(Collection entries)
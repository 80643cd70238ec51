-- ===== src/Context/Soundness.antt =====
-- context.py: what `select_context` selects, it may disclose.
use trace_gate_framework.Prelude.{
  ℕ, ◌≤◌, String, ◌≡◌, true, false, ◌&&◌, inl, inr, Option, none, some, List, [], ◌∷◌, arith,
  string_Eq, option_Eq, string_eq_iff, option_eq_iff, concat, contains, ok, Result-cases,
  Bool-cases, All, All-append, Among, All-Among,
}
use trace_gate_framework.Prelude.Dict.{Dict, has_key}
use trace_gate_framework.Documents.{
  AccessIntent, ReadProfile, Strings, strings, not_strings, not_count, Count, sensitivity, listed,
  is_set, count,
}
use trace_gate_framework.Context.{
  Content, text, Time, aware, naive, Artifact, Item, ContextPack, Platform, Request, Progress,
  or_text, fresh, find_tier, fields_of, digest_of, content_of, fields_denied, tier_denied,
  early_exclusion, apply_verdict, select_all,
}
use trace_gate_framework.Context.Loop.{Includes, select_all_induction}
use trace_gate_framework.Context.Packing.{
  min, explicit_ids, zoned, limit, evaluation_time, request_of, select_context, nothing_selected,
}

-- An item that a request may be given, out of one of the artifacts.
pub record IsDisclosable (platform : Platform) (r : Request) (artifacts : List Artifact)
    (item : Item) : Type 0 where
  pub artifact : Artifact
  pub offered : Among artifact artifacts
  pub identity : artifact.artifact_id ≡ item.artifact_id
  pub requested : contains item.artifact_id r.allowed_ids ≡ true
  pub validated : artifact.validation_status ≡ some "pass"
  pub current : artifact.freshness_status ≡ some "current"
  pub recent : fresh platform r artifact.validated_at ≡ true
  pub level : ℕ
  pub rated : sensitivity (or_text "restricted" artifact.sensitivity_level) ≡ ok level
  pub cleared : level ≤ r.max_sensitivity
  pub tier_listed : contains item.tier r.allowed_tiers ≡ true
  pub tier_permitted : tier_denied r item.tier ≡ false
  pub fields_permitted : fields_denied r (fields_of artifact.tier_fields item.tier) ≡ false
  pub stored : content_of artifact.tiers item.tier ≡ some (text item.content)
  pub intact :
      digest_of artifact.tier_digests item.tier
      ≡ some (concat "sha256:" (platform.sha256 item.content))
  pub sourced : artifact.source_digest ≡ some item.source_digest

find_tier-contains :
    (candidates : List String) (tiers : Option (Dict Content)) (tier : String)
    → find_tier candidates tiers ≡ ok (some tier)
    → contains tier candidates ≡ true
unfolding find_tier contains
find_tier-contains [] tiers tier h = absurd (ground arith)
find_tier-contains (c ∷ cs) none tier h = absurd (ground arith)
find_tier-contains (c ∷ cs) (some tiers) tier h = elim (Bool-cases (has_key c tiers)) [
  | inl y ↦ ground (arith, string_eq_iff c tier)
  | inr n ↦ ground (arith, find_tier-contains cs (some tiers) tier)
]

early_parts :
    (platform : Platform) (r : Request) (a : Artifact) (s : Progress)
    → early_exclusion platform r a s ≡ none
    → (contains a.artifact_id r.allowed_ids ≡ true)
      × (a.validation_status ≡ some "pass")
      × (a.freshness_status ≡ some "current")
      × (fresh platform r a.validated_at ≡ true)
unfolding early_exclusion
early_parts platform r a s h = (
  ground arith,
  (option_eq_iff a.validation_status (some "pass")).0 (ground arith),
  (option_eq_iff a.freshness_status (some "current")).0 (ground arith),
  ground arith,
)

Includes-IsDisclosable :
    (platform : Platform) (r : Request) (artifacts : List Artifact) (a : Artifact) (s : Progress)
    (item : Item) (size : ℕ)
    → Includes platform r a s item size
    → Among a artifacts
    → IsDisclosable platform r artifacts item
Includes-IsDisclosable platform r artifacts a s item size t m =
    let (requested, validated, current, recent) = early_parts platform r a s t.early in
    record {
      artifact = a;
      offered = m;
      identity = t.holds.identity;
      requested = rw (← t.holds.identity) requested;
      validated = validated;
      current = current;
      recent = recent;
      level = t.level;
      rated = t.rated;
      cleared = t.allowed;
      tier_listed = find_tier-contains r.allowed_tiers a.tiers item.tier t.found;
      tier_permitted = t.permitted;
      fields_permitted = t.fields;
      stored = t.stored;
      intact = t.holds.intact;
      sourced = t.holds.source;
    }

select_all-IsDisclosable :
    (platform : Platform) (r : Request) (artifacts : List Artifact) (s : Progress)
    → select_all platform r artifacts nothing_selected ≡ ok s
    → All (IsDisclosable platform r artifacts) s.selected
unfolding apply_verdict
select_all-IsDisclosable platform r artifacts s h =
    select_all_induction platform r (λ a. Among a artifacts)
      (λ t. All (IsDisclosable platform r artifacts) t.selected) (λ a t reason p. p)
      (λ a t item size x m p.
        All-append (IsDisclosable platform r artifacts) t.selected (item ∷ []) p
          (Includes-IsDisclosable platform r artifacts a t item size x m, tt))
      artifacts nothing_selected s h (All-Among artifacts artifacts (λ x m. m)) tt

-- What a request has checked of the intent and the profile that it stands for.
pub record Authorizes (intent : AccessIntent) (profile : ReadProfile) (evaluated : Time)
    (r : Request) : Type 0 where
  pub time : evaluated ≡ aware r.now
  pub age : profile.limits.max_age_seconds ≡ count r.max_age_seconds
  pub active : profile.status ≡ "active"
  pub purpose : contains intent.purpose_class (listed profile.applies_to.purpose_classes) ≡ true
  pub operation : contains intent.operation (listed profile.applies_to.operations) ≡ true
  pub targets : intent.targets.artifact_ids ≡ some (strings r.allowed_ids)
  pub intent_level : ℕ
  pub intent_rated : sensitivity intent.constraints.maximum_sensitivity ≡ ok intent_level
  pub profile_level : ℕ
  pub profile_rated : sensitivity profile.limits.maximum_sensitivity ≡ ok profile_level
  pub within_intent : r.max_sensitivity ≤ intent_level
  pub within_profile : r.max_sensitivity ≤ profile_level
  pub tiers : r.allowed_tiers ≡ profile.selection.default_tiers
  pub raw :
      r.raw_allowed
      ≡ (profile.selection.raw_access_allowed && intent.constraints.raw_access_requested)
  pub history :
      r.history_allowed
      ≡ (profile.selection.full_history_allowed && is_set intent.constraints.full_history_requested)
  pub denylist : r.field_denylist ≡ listed profile.selection.field_denylist
  pub allowlist : r.field_allowlist ≡ listed profile.selection.field_allowlist
  pub records : profile.limits.max_records ≡ count r.max_records
  pub profile_bytes : ℕ
  pub profile_limit : profile.limits.max_context_bytes ≡ count profile_bytes
  pub budget_profile : r.budget ≤ profile_bytes
  pub budget_intent : r.budget ≤ intent.constraints.context_budget_bytes

min_left : (a b : ℕ) → min a b ≤ a
min_left a b = ground arith

min_right : (a b : ℕ) → min a b ≤ b
min_right a b = ground arith

limit_count : (key : String) (c : Count) (n : ℕ) → limit key c ≡ ok n → c ≡ count n
limit_count key not_count n h = absurd (ground arith)
limit_count key (count m) n h = ground arith

zoned-aware : (t : Time) (n : ℕ) → zoned t ≡ ok n → t ≡ aware n
zoned-aware naive n h = absurd (ground arith)
zoned-aware (aware m) n h = ground arith

explicit_targets :
    (found : Option Strings) (xs : List String)
    → explicit_ids found ≡ ok xs
    → found ≡ some (strings xs)
explicit_targets none xs h = absurd (ground arith)
explicit_targets (some not_strings) xs h = absurd (ground arith)
explicit_targets (some (strings ys)) xs h = ground arith

module _ (platform : Platform) (schema_messages_intent : AccessIntent → List String)
    (schema_messages_profile : ReadProfile → List String) (clock : Time) where
  -- What the checks before the loop establish.
  pub request_of-Authorizes :
      (intent : AccessIntent) (profile : ReadProfile) (evaluated_at : Option Time) (r : Request)
      → request_of platform schema_messages_intent schema_messages_profile clock intent profile
          evaluated_at
        ≡ ok r
      → Authorizes intent profile (evaluation_time evaluated_at clock) r
  unfolding request_of
  request_of-Authorizes intent profile evaluated_at r h =
      elim (Result-cases (limit "max_context_bytes" profile.limits.max_context_bytes)) [
        | inl (e, y) ↦ absurd (ground arith)
        | inr (bytes, b) ↦
            elim (Result-cases (sensitivity intent.constraints.maximum_sensitivity)) [
              | inl (e, y) ↦ absurd (ground arith)
              | inr (l, i) ↦ elim (Result-cases (sensitivity profile.limits.maximum_sensitivity)) [
                | inl (e, y) ↦ absurd (ground arith)
                | inr (m, p) ↦
                    let budget : r.budget ≡ min intent.constraints.context_budget_bytes bytes =
                      ground arith in
                    let level : r.max_sensitivity ≡ min l m = ground arith in
                    record {
                      time = zoned-aware (evaluation_time evaluated_at clock) r.now (ground arith);
                      age =
                          limit_count "max_age_seconds" profile.limits.max_age_seconds
                            r.max_age_seconds (ground arith);
                      active = ground (arith, string_eq_iff profile.status "active");
                      purpose = ground arith;
                      operation = ground arith;
                      targets =
                          explicit_targets intent.targets.artifact_ids r.allowed_ids (ground arith);
                      intent_level = l;
                      intent_rated = i;
                      profile_level = m;
                      profile_rated = p;
                      within_intent = rw level (min_left l m);
                      within_profile = rw level (min_right l m);
                      tiers = ground arith;
                      raw = ground arith;
                      history = ground arith;
                      denylist = ground arith;
                      allowlist = ground arith;
                      records =
                          limit_count "max_records" profile.limits.max_records r.max_records
                            (ground arith);
                      profile_bytes = bytes;
                      profile_limit =
                          limit_count "max_context_bytes" profile.limits.max_context_bytes bytes b;
                      budget_profile =
                          rw budget (min_right intent.constraints.context_budget_bytes bytes);
                      budget_intent =
                          rw budget (min_left intent.constraints.context_budget_bytes bytes);
                    }
              ]
            ]
      ]

  -- A pack that is returned was asked for by an intent and a profile that authorize the request,
  -- and every item of it comes from an artifact that the request may be given.
  pub select_context_sound :
      (intent : AccessIntent) (profile : ReadProfile) (artifacts : List Artifact)
      (evaluated_at : Option Time) (pack : ContextPack)
      → select_context platform schema_messages_intent schema_messages_profile clock intent profile
          artifacts evaluated_at
        ≡ ok pack
      → (r : Request) × Authorizes intent profile (evaluation_time evaluated_at clock) r
        × All (IsDisclosable platform r artifacts) pack.items
  unfolding select_context
  select_context_sound intent profile artifacts evaluated_at pack h =
      elim (Result-cases (
        request_of platform schema_messages_intent schema_messages_profile clock intent profile
          evaluated_at)) [
            | inl (e, y) ↦ absurd (ground arith)
            | inr (r, y) ↦ elim (Result-cases (select_all platform r artifacts nothing_selected)) [
              | inl (e, z) ↦ absurd (ground arith)
              | inr (s, z) ↦
                  let items : s.selected ≡ pack.items = ground arith in
                  (
                    r,
                    request_of-Authorizes intent profile evaluated_at r y,
                    rw (← items) (select_all-IsDisclosable platform r artifacts s z),
                  )
            ]
          ]
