-- ===== src/Context/Budget.antt =====
-- context.py: the limits that a context pack keeps, and what becomes of every artifact.
use mathlib.Core.List.{map-append}
use trace_gate_framework.Prelude.{
  ℕ, ◌+◌, ◌≤◌, ◌<◌, String, ◌≡◌, ◌≢◌, ◌↔◌, refl, ap, true, false, inl, inr, Option, none, List, [],
  ◌∷◌, ◌++◌, arith, ◌==◌, string_Eq, string_eq_iff, contains, contains-append, is_unique, length,
  length-append, ok, Result-cases, All, subst,
}
use trace_gate_framework.Documents.{AccessIntent, ReadProfile}
use trace_gate_framework.Context.{
  Time, Artifact, Item, Exclusion, PackBody, ContextPack, Platform, Request, Progress, Reason,
  exclude, include, item_ids, early_exclusion, apply_verdict, judge, select_all,
}
use trace_gate_framework.Context.Loop.{Includes, select_all_induction}
use trace_gate_framework.Context.Packing.{
  evaluation_time, request_of, select_context, nothing_selected, pack_body,
}
use trace_gate_framework.Context.Soundness.{Authorizes, request_of-Authorizes}

-- The bytes of the contents of the items.
unfoldable pub total_size : Platform → List Item → ℕ
total_size platform [] = 0
total_size platform (i ∷ items) = platform.encoded_size i.content + total_size platform items

total_size-append :
    (platform : Platform) (xs ys : List Item)
    → total_size platform (xs ++ ys) ≡ total_size platform xs + total_size platform ys
unfolding total_size
total_size-append platform [] ys = omega arith
total_size-append platform (x ∷ xs) ys = omega (arith, total_size-append platform xs ys)

is_unique-snoc :
    (xs : List String) (x : String)
    → is_unique xs ≡ true
    → contains x xs ≡ false
    → is_unique (xs ++ x ∷ []) ≡ true
unfolding is_unique contains
is_unique-snoc [] x u n = refl
is_unique-snoc (y ∷ ys) x u n = ground (
  arith,
  is_unique-snoc ys x,
  contains-append y ys (x ∷ []),
  string_eq_iff x y,
  string_eq_iff y x,
)

-- What the loop keeps.
record IsWithin (platform : Platform) (r : Request) (s : Progress) : Type 0 where
  used : s.used ≡ total_size platform s.selected
  fits : s.used ≤ r.budget
  records : length s.selected ≤ r.max_records
  distinct : is_unique (item_ids s.selected) ≡ true

early_room :
    (platform : Platform) (r : Request) (a : Artifact) (s : Progress)
    → early_exclusion platform r a s ≡ none
    → (contains a.artifact_id (item_ids s.selected) ≡ false) × (length s.selected < r.max_records)
unfolding early_exclusion
early_room platform r a s h = (ground arith, ground arith)

IsWithin-include :
    (platform : Platform) (r : Request) (a : Artifact) (s : Progress) (item : Item) (size : ℕ)
    → Includes platform r a s item size
    → IsWithin platform r s
    → IsWithin platform r (apply_verdict a s (include item size))
unfolding apply_verdict total_size
IsWithin-include platform r a s item size t v =
    let (unselected, room) = early_room platform r a s t.early in
    record {
      used =
          omega (arith, v.used, t.holds.sized, total_size-append platform s.selected (item ∷ []));
      fits = t.holds.fits;
      records = omega (arith, room, length-append s.selected (item ∷ []));
      distinct = rw map-append (
          is_unique-snoc (item_ids s.selected) item.artifact_id v.distinct
            (rw (← t.holds.identity) unselected));
    }

IsWithin-exclude :
    (platform : Platform) (r : Request) (a : Artifact) (s : Progress) (reason : Reason)
    → IsWithin platform r s
    → IsWithin platform r (apply_verdict a s (exclude reason))
unfolding apply_verdict
IsWithin-exclude platform r a s reason v = record {
  used = v.used;
  fits = v.fits;
  records = v.records;
  distinct = v.distinct;
}

units : {A : Type 0} (xs : List A) → All (λ (_ : A). Unit {0}) xs
units [] = tt
units (x ∷ xs) = (tt, units xs)

-- Every artifact is selected or excluded.
accounted :
    (platform : Platform) (r : Request) (artifacts : List Artifact) (s s' : Progress)
    → select_all platform r artifacts s ≡ ok s'
    → length s'.selected + length s'.excluded
      ≡ length s.selected + length s.excluded + length artifacts
unfolding select_all apply_verdict
accounted platform r [] s s' h =
    let same : s ≡ s' = ground arith in
    omega (arith, ap (λ (t : Progress). length t.selected + length t.excluded) same)
accounted platform r (a ∷ artifacts) s s' h = elim (Result-cases (judge platform r a s)) [
  | inl (e, y) ↦ absurd (ground arith)
  | inr (exclude reason, y) ↦ omega (
    arith,
    accounted platform r artifacts (apply_verdict a s (exclude reason)) s' (ground arith),
    length-append s.excluded (record { artifact_id = a.artifact_id; reason = reason } ∷ []),
  )
  | inr (include item size, y) ↦ omega (
    arith,
    accounted platform r artifacts (apply_verdict a s (include item size)) s' (ground arith),
    length-append s.selected (item ∷ []),
  )
]

decision_iff :
    (profile : ReadProfile) (items : List Item) (excluded : List Exclusion) (used : ℕ)
    → ((pack_body profile (record { selected = items; excluded = excluded; used = used })).decision
        ≡ "allow")
      ↔ (items ≢ [])
decision_iff profile [] excluded used =
    (λ h. absurd (ground (arith, ap (λ (t : String). t == "allow") h)), λ n. absurd (n refl))
decision_iff profile (i ∷ items) excluded used = (λ h. ground arith, λ n. refl)

-- The limits of a request that a pack keeps: it counts the bytes of its contents within the budget,
-- has no more records than allowed and no artifact twice, and leaves no artifact unaccounted.
pub record KeepsLimits (platform : Platform) (r : Request) (artifacts : List Artifact)
    (b : PackBody) : Type 0 where
  pub counted : b.bytes_used ≡ total_size platform b.items
  pub in_budget : b.bytes_used ≤ r.budget
  pub in_records : length b.items ≤ r.max_records
  pub distinct : is_unique (item_ids b.items) ≡ true
  pub accounted : length b.items + length b.excluded ≡ length artifacts
  pub decided : (b.decision ≡ "allow") ↔ (b.items ≢ [])

start-IsWithin : (platform : Platform) (r : Request) → IsWithin platform r nothing_selected
unfolding total_size is_unique
start-IsWithin platform r = record {
  used = refl;
  fits = omega arith;
  records = omega arith;
  distinct = refl;
}

select_all-KeepsLimits :
    (platform : Platform) (profile : ReadProfile) (r : Request) (artifacts : List Artifact)
    (s : Progress)
    → select_all platform r artifacts nothing_selected ≡ ok s
    → KeepsLimits platform r artifacts (pack_body profile s)
select_all-KeepsLimits platform profile r artifacts s h = record {
  counted = within.used;
  in_budget = within.fits;
  in_records = within.records;
  distinct = within.distinct;
  accounted = omega (arith, accounted platform r artifacts nothing_selected s h);
  decided = decision_iff profile s.selected s.excluded s.used;
}
  where
    within : IsWithin platform r s
    within =
        select_all_induction platform r (λ _. Unit {0}) (IsWithin platform r)
          (λ a t reason v. IsWithin-exclude platform r a t reason v)
          (λ a t item size x m v. IsWithin-include platform r a t item size x v) artifacts
          nothing_selected s h (units artifacts) (start-IsWithin platform r)

module _ (platform : Platform) (schema_messages_intent : AccessIntent → List String)
    (schema_messages_profile : ReadProfile → List String) (clock : Time) where
  -- A pack that is returned keeps the limits of an authorized request: its byte count is that of
  -- its contents and within the budget, it has at most the allowed number of records and no
  -- artifact twice, its items and exclusions are as many as the artifacts, and it is allowed
  -- exactly when it has an item.
  pub pack_within_limits :
      (intent : AccessIntent) (profile : ReadProfile) (artifacts : List Artifact)
      (evaluated_at : Option Time) (pack : ContextPack)
      → select_context platform schema_messages_intent schema_messages_profile clock intent profile
          artifacts evaluated_at
        ≡ ok pack
      → (r : Request) × Authorizes intent profile (evaluation_time evaluated_at clock) r
        × KeepsLimits platform r artifacts pack.body
  unfolding select_context
  pack_within_limits intent profile artifacts evaluated_at pack h =
      elim (Result-cases (
        request_of platform schema_messages_intent schema_messages_profile clock intent profile
          evaluated_at)) [
            | inl (e, y) ↦ absurd (ground arith)
            | inr (r, y) ↦ elim (Result-cases (select_all platform r artifacts nothing_selected)) [
              | inl (e, z) ↦ absurd (ground arith)
              | inr (s, z) ↦
                  let body : pack_body profile s ≡ pack.body = ground arith in
                  (
                    r,
                    request_of-Authorizes platform schema_messages_intent schema_messages_profile
                        clock intent profile evaluated_at r y,
                    subst (KeepsLimits platform r artifacts) body
                        (select_all-KeepsLimits platform profile r artifacts s z),
                  )
            ]
          ]
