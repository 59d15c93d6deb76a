-- ===== src/Storage.antt =====
-- backend/app/stores/storage.py: the two backends of the object storage, over the list of stored
-- objects, and uploads in parts.
pub mod Paths
pub mod Parts
pub mod Refinement
mod Tests
use keel_be.Prelude.{
  ℕ, zero, suc, ◌+◌, ◌-◌, Text, not, Option, or_else, none, some, List, [], ◌∷◌, ◌++◌, codes,
  decimal, length, select, text_eq, if◌then◌else◌,
}
use keel_be.Core.Errors.{Exc, other}
use keel_be.Core.Session.{Result, ok, err, Run, continue, then_result}

abbrev pub Files : Type 0
Files = List (Text × Text)

-- The object stored under a path.
unfoldable pub find : Text → Files → Option Text
find path [] = none
find path (f ∷ fs) = let rest = find path fs in if text_eq f.0 path then some f.1 else rest

-- `write_bytes`, `put_object`
unfoldable pub put : Text → Text → Files → Files
put path content fs = (path, content) ∷ select (λ f. not (text_eq f.0 path)) fs

-- `get_bytes` of both: a path without an object raises.
abbrev pub or_missing : Option Text → Result Text
or_missing none = err (other "FileNotFoundError" "")
or_missing (some content) = ok content

unfoldable pub get_bytes : Text → Files → Result Text
get_bytes path fs = or_missing (find path fs)

-- `size` of both
unfoldable pub size : Text → Files → Result ℕ
unfolding get_bytes
size path fs = then_result (get_bytes path fs) (λ content. ok (length content))

-- `f"{n:06d}"`
unfoldable pub zeros : ℕ → Text → Text
zeros zero t = t
zeros (suc n) t = b'0' ∷ zeros n t

unfoldable pub six_digits : ℕ → Text
unfolding zeros
six_digits n = zeros (6 - length (decimal n)) (decimal n)

-- `f"_parts/{upload_id}/{n:06d}.part"`
unfoldable pub part_path : Text → ℕ → Text
unfolding six_digits
part_path upload_id n = codes "_parts/" ++ (upload_id ++ (b'/' ∷ (six_digits n ++ codes ".part")))

-- `save_part` of both
unfoldable pub save_part : Text → ℕ → Text → Files → Files
unfolding part_path put
save_part upload_id part_number content = put (part_path upload_id part_number) content

-- `fh.write(…)`: the object at the path grows.
abbrev pub grow : Text → Text → Files → Files
grow path more fs = put path (or_else (find path fs) [] ++ more) fs

-- `LocalStorage.complete_multipart`: the loop from part `n`, for the number of parts left.
unfoldable pub write_parts : Text → Text → ℕ → ℕ → Run Files Text
write_parts upload_id final_path zero n fs = (ok final_path, fs)
write_parts upload_id final_path (suc left) n fs =
    continue (get_bytes (part_path upload_id n) fs)
      (λ content fs'. write_parts upload_id final_path left (suc n) (grow final_path content fs'))
      fs

unfoldable pub complete_local : Text → Text → ℕ → Run Files Text
complete_local upload_id final_path part_count fs =
    write_parts upload_id final_path part_count 1 (put final_path [] fs)

-- `S3Storage.complete_multipart`: the loop that fills the buffer, and the object put at its end.
unfoldable pub read_parts : Text → ℕ → ℕ → Text → Files → Result Text
read_parts upload_id zero n buf fs = ok buf
read_parts upload_id (suc left) n buf fs =
    then_result (get_bytes (part_path upload_id n) fs)
      (λ content. read_parts upload_id left (suc n) (buf ++ content) fs)

unfoldable pub complete_s3 : Text → Text → ℕ → Run Files Text
complete_s3 upload_id final_path part_count fs =
    continue (read_parts upload_id part_count 1 [] fs)
      (λ buf fs'. (ok final_path, put final_path buf fs')) fs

- TASK INSTRUCTIONS
Starting with the first line above and ending with the line that holds "(item : Item) : Type 0 where", restate each line word for word and add nothing else.

- ANSWER TO THE EXERCISE
repository 80643cd70238ec51
-- ===== src/Context/Soundness.antt =====
-- context.py: what `select_context` selects, it may disclose.
use trace_gate_framework.Prelude.{
  ℕ, ◌≤◌, String, ◌≡◌, true, false, ◌&&◌, inl, inr, Option, none, some, List, [], ◌∷◌, arith,
  string_Eq, option_Eq, string_eq_iff, option_eq_iff, concat, contains, ok, Result-cases,
  Bool-cases, All, All-append, Among, All-Among,
}
use trace_gate_framework.Prelude.Dict.{Dict, has_key}
use trace_gate_framework.Documents.{
  AccessIntent, ReadProfile, Strings, strings, not_strings, not_count, Count, sensitivity, listed,
  is_set, count,
}
use trace_gate_framework.Context.{
  Content, text, Time, aware, naive, Artifact, Item, ContextPack, Platform, Request, Progress,
  or_text, fresh, find_tier, fields_of, digest_of, content_of, fields_denied, tier_denied,
  early_exclusion, apply_verdict, select_all,
}
use trace_gate_framework.Context.Loop.{Includes, select_all_induction}
use trace_gate_framework.Context.Packing.{
  min, explicit_ids, zoned, limit, evaluation_time, request_of, select_context, nothing_selected,
}

-- An item that a request may be given, out of one of the artifacts.
pub record IsDisclosable (platform : Platform) (r : Request) (artifacts : List Artifact)
    (item : Item) : Type 0 where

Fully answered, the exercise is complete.